And they define Social Network as:

"A social network is any type of social structure where the users are
connected by a common feature, for example, Google Plus. The common feature
includes friendship, family, work, an interest, etc. The common features are
provided by one or more social networking systems, such as those included in
the system 100, including explicitly-defined relationships and relationships
implied by social connections with other users, where the relationships are
defined in a social graph 179. The social graph 179 is a mapping of all users
in a social network and how they are related to each other. The social graph
179 is included in the memory 237 that is described below in detail. "

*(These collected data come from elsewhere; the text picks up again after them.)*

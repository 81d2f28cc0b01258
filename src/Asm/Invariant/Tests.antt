-- ===== src/Asm/Invariant/Tests.antt =====
-- The invariant on concrete programs.
use rsd_m.Asm.Symbols.{find_constant}
use rsd_m.Asm.Operand.{parse_operand}
use rsd_m.Asm.Branch.{emit_branch}
use rsd_m.Asm.Line.Jumps.{branches}
use rsd_m.Asm.Line.Native.{native}
use rsd_m.Asm.Expr.{expression}
use rsd_m.Asm.Code.{emit32, patch32}
use rsd_m.Asm.Line.Base.{emit_nop}
use rsd_m.Asm.Line.Directives.{directive}
use rsd_m.Asm.Fixups.{resolve_fixups}
use rsd_m.Dis.HexIn.{read_hex}
use rsd_m.Asm.Invariant.{IsWell}
use rsd_m.Base.Text.{Text, codes}
use rsd_m.Asm.Program.{assemble, assemble_lines, fgets_from, write_hex}
use rsd_m.Asm.Line.Dispatch.{assemble_line}
use rsd_m.Asm.Invariant.Run.{initial-IsWell}
use rsd_m.Asm.Invariant.Program.{assemble-read_hex, resolve_fixups_inside, assemble_line-IsWell}
use rsd_m.Asm.State.{ok, err, memory_fault, State, Result, initial}
use rsd_m.Base.{◌≡◌, ◌≢◌, refl, []}

abbrev state_of : {A : Type 0} → Result (A × State) → State
state_of (ok (a, s)) = s
state_of (err e) = initial

-- A word of data behind a label.
abbrev data_line : Text
data_line = codes "L: .DWORD $12345678"

abbrev data_state : State
unfolding assemble_line
data_state = state_of (assemble_line data_line initial)

assemble_line-IsWell_example : IsWell data_state
unfolding assemble_line directive expression emit32
assemble_line-IsWell_example = assemble_line-IsWell data_line initial data_state initial-IsWell refl

-- A branch to a label that comes later.
abbrev forward : Text
forward = codes "BRA L\nNOP\nL: NOP\n"

abbrev forward_lines : State
unfolding assemble_lines fgets_from assemble_line
forward_lines = state_of (assemble_lines (fgets_from [] 1023 forward) initial)

resolve_fixups_inside_example : resolve_fixups forward_lines ≢ err memory_fault
unfolding assemble_lines fgets_from assemble_line directive native branches emit_branch
    parse_operand find_constant emit32 emit_nop
resolve_fixups_inside_example = resolve_fixups_inside forward forward_lines refl

abbrev forward_state : State
unfolding assemble
forward_state = state_of (assemble forward)

assemble-read_hex_example :
    (read_hex (write_hex forward_state)).code 0x1004 ≡ forward_state.code 0x1004
unfolding assemble assemble_line directive native branches emit_branch parse_operand find_constant
    emit32 emit_nop resolve_fixups patch32
assemble-read_hex_example =
    assemble-read_hex forward (write_hex forward_state) forward_state 0x1004 refl

-- A list of data, padding, and an expression that is not one.
abbrev broken : Text
broken = codes ".BYTE 1, 2, \"x\"\n.ALIGN 8\nLDA #)\n"
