-- ===== src/Asm/Line.antt =====
-- `assemble_line`, in the order of its tests: labels and constants, `*=`, then the mnemonic. The
-- chain of `strcmp` is a chain of handlers, each a child: a handler that knows the mnemonic gives
-- the action to run, and `none` falls through to the next.
pub mod Base
pub mod Directives
pub mod Alu
pub mod Native
pub mod Jumps
pub mod Traditional
pub mod Simple
pub mod System
pub mod Extended
pub mod Dispatch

That could describe Windows Live Messenger also:

\- It is a social structure,

\- Where users are connected by a common feature (contact, work, family, etc).

\- It has explicitly-defined relationship between contacts.

\- The common features are provided by one or more social networking systems
(it allows to connect to facebook, and other services, and link contacts from
there).

\- It has a social graph of all users in the network (unlike mail, as somebody
else suggested, but Windows Live Messenger does have this graph).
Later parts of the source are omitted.